Over 195 countries will be attending the global summit on climate change in Paris by 2015, but prior to that time, many leading countries within the United Nations are already meeting in Lima, Peru, to finalize talks and reach agreements that would be finalized at the coming Paris summit in 2015.

The US and China have been leading talks in this regard, but other countries like France, Canada, Australia, and Germany among others are pulling their own weights in the agreements to cut down on gas emissions as a way of limiting climate change and global warming.

The two weeks discussions center on global temperatures using statistics from the US National Oceanic and Atmospheric Administration (NOAA) to assess global average temperature over land and oceans. What delegates finalize at will determine the basis of the coming Paris summit 2015 discussion and deals.

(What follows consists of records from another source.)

-- ===== src/Pte/Defs.antt =====
-- src/memory/pagetable/pte.rs: PTEFlags and PageTableEntry. A set of flags is the record of its
-- flags; an entry is its 64 bits. `|` and `& !` with a single bit are written by the test of that
-- bit, and `|` of parts that share no bit is their sum.
use mankoros.Base.{
  ℕ, ◌+◌, ◌-◌, ◌*◌, ◌/◌, ◌%◌, ◌^◌, Bool, true, false, not, ◌&&◌, ◌||◌, ◌==◌, if◌then◌else◌, Run, ok,
  ◌>>◌, assert,
}

pub record PteFlags : Type 0 where
  pub v : Bool
  pub r : Bool
  pub w : Bool
  pub x : Bool
  pub u : Bool
  pub g : Bool
  pub a : Bool
  pub d : Bool
  pub shared : Bool
  pub rsw2 : Bool

abbrev pub no_flags : PteFlags
no_flags = record {
  v = false;
  r = false;
  w = false;
  x = false;
  u = false;
  g = false;
  a = false;
  d = false;
  shared = false;
  rsw2 = false;
}

unfoldable pub rwx : PteFlags
rwx = record no_flags { r = true; w = true; x = true; a = true; d = true }

unfoldable pub rw : PteFlags
rw = record no_flags { r = true; w = true; a = true; d = true }

-- the numbers 0 and 1
abbrev pub digit : Bool → ℕ
digit b = if b then 1 else 0

-- `perm.bits()`
unfoldable pub bits_of : PteFlags → ℕ
bits_of f =
    digit f.v
    + digit f.r * 2
    + digit f.w * 4
    + digit f.x * 8
    + digit f.u * 16
    + digit f.g * 32
    + digit f.a * 64
    + digit f.d * 128
    + digit f.shared * 256
    + digit f.rsw2 * 512

-- `bits & (1 << k) != 0`
abbrev pub has : ℕ → ℕ → Bool
has bits k = bits / 2 ^ k % 2 == 1

-- `bits |= 1 << k` and `bits &= !(1 << k)`
abbrev pub set_bit : ℕ → ℕ → ℕ
set_bit bits k = if has bits k then bits else bits + 2 ^ k

abbrev pub clear_bit : ℕ → ℕ → ℕ
clear_bit bits k = if has bits k then bits - 2 ^ k else bits

-- PTE_PPN_MASK_SV39 keeps the bits from 10 to 53
abbrev pub ppn_field : ℕ → ℕ
ppn_field bits = bits % 2 ^ 54 - bits % 2 ^ 10

unfoldable pub new : ℕ → PteFlags → ℕ
unfolding bits_of
new paddr perm = ppn_field (paddr / 4) + bits_of perm

abbrev pub empty : ℕ
empty = 0

unfoldable pub clear : ℕ → ℕ
clear bits = empty

unfoldable pub ppn : ℕ → ℕ
ppn bits = ppn_field bits / 2 ^ 10

-- the page number has 44 bits, so the product does not overflow
unfoldable pub paddr : ℕ → ℕ
unfolding ppn
paddr bits = ppn bits * 2 ^ 12

unfoldable pub flags : ℕ → PteFlags
flags bits = record {
  v = has bits 0;
  r = has bits 1;
  w = has bits 2;
  x = has bits 3;
  u = has bits 4;
  g = has bits 5;
  a = has bits 6;
  d = has bits 7;
  shared = has bits 8;
  rsw2 = has bits 9;
}

unfoldable pub is_valid : ℕ → Bool
unfolding flags
is_valid bits = (flags bits).v

-- some of R, W, X and U
abbrev pub maps_page : PteFlags → Bool
maps_page f = f.r || f.w || f.x || f.u

unfoldable pub is_directory : ℕ → Bool
unfolding flags is_valid
is_directory bits = is_valid bits && not (maps_page (flags bits))

unfoldable pub is_leaf : ℕ → Bool
unfolding flags is_valid
is_leaf bits = is_valid bits && maps_page (flags bits)

unfoldable pub readable : ℕ → Bool
unfolding flags
readable bits = (flags bits).r

unfoldable pub writable : ℕ → Bool
unfolding flags
writable bits = (flags bits).w

unfoldable pub executable : ℕ → Bool
unfolding flags
executable bits = (flags bits).x

unfoldable pub is_user : ℕ → Bool
unfolding flags
is_user bits = (flags bits).u

unfoldable pub shared : ℕ → Bool
unfolding flags
shared bits = (flags bits).shared

unfoldable pub rsw_8 : ℕ → Bool
rsw_8 bits = has bits 8

unfoldable pub rsw_9 : ℕ → Bool
rsw_9 bits = has bits 9

unfoldable pub reserved_bits : ℕ → ℕ
reserved_bits bits = bits - bits % 2 ^ 54

unfoldable pub set_writable : ℕ → ℕ
set_writable bits = set_bit bits 2

unfoldable pub clear_writable : ℕ → ℕ
clear_writable bits = clear_bit bits 2

unfoldable pub set_user : ℕ → ℕ
set_user bits = set_bit bits 4

unfoldable pub clear_user : ℕ → ℕ
clear_user bits = clear_bit bits 4

unfoldable pub set_shared : ℕ → ℕ
set_shared bits = set_bit bits 8

-- `!` is of the 16 bits of the flag, so that the mask also clears the bits from 16 on
unfoldable pub clear_shared : ℕ → ℕ
clear_shared bits = clear_bit (bits % 2 ^ 16) 8

-- R, W and X are the bits 1 to 3
unfoldable pub set_rwx : ℕ → PteFlags → ℕ
set_rwx bits flag =
    bits - bits / 2 % 8 * 2 + (digit flag.r * 2 + digit flag.w * 4 + digit flag.x * 8)

unfoldable pub become_shared : ℕ → Bool → Run ℕ
unfolding shared set_shared clear_writable
become_shared bits shared_writable = do
  assert (not (shared bits))
  let marked = set_shared bits
  ok (if shared_writable then marked else clear_writable marked)

unfoldable pub become_unique : ℕ → Bool → Run ℕ
unfolding shared clear_shared set_writable
become_unique bits unique_writable = do
  assert (shared bits)
  let alone = clear_shared bits
  ok (if unique_writable then set_writable alone else alone)

-- `alloc` and `map_frame` differ in where the frame comes from
unfoldable pub map_frame : ℕ → PteFlags → ℕ → Run ℕ
unfolding is_valid new
map_frame bits perm pa =
    assert (not (is_valid bits)) >> ok (new pa (record perm { d = true; a = true; v = true }))

unfoldable pub alloc_non_leaf : ℕ → PteFlags → ℕ → Run ℕ
unfolding is_valid new
alloc_non_leaf bits perm pa = do
  assert (not (is_valid bits))
  assert (not (perm.u || perm.r || perm.w))
  ok (new pa (record perm { v = true }))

Through the intervention of the UN’s Green Climate Fund (GCF), a total sum of $9 billion has been secured, or rather pledged by various countries, at the past climate change conference in Berlin. But Paul Bledsoe, a senior climate fellow at the German Marshall Fund thinks that other countries would do better by pledging their supports in terms of finance and pro-activeness. “Ultimately this is not a problem that can be solved by just the US, China, and the EU. There’s a whole series of countries – Canada, Australia, Japan, Russia, South Africa, Brazil and Indonesia – who have not made commitments (to cut emissions) and we don’t know yet how robust their commitments are.”

Liz Gallagher, a member of the E3G think-tank and an observer of the UN climate talks also thinks member countries should do more in terms of financial commitments and active steps to cut gas emissions and encourage others to do the same. “Developed countries want a narrow scope for those guidelines, but developing countries are pushing for finance and adaption in them. That seems to be a tactical move to make sure that finance and adaptation get more political attention than in the past – for me that’s where the big tensions in Lima will be.”

There just appears to be a weak point in the whole global process for climate change and emission cuts: most countries including the US hint at the fact that they won’t be able to enter into a legally binding commitment to cut gas emissions.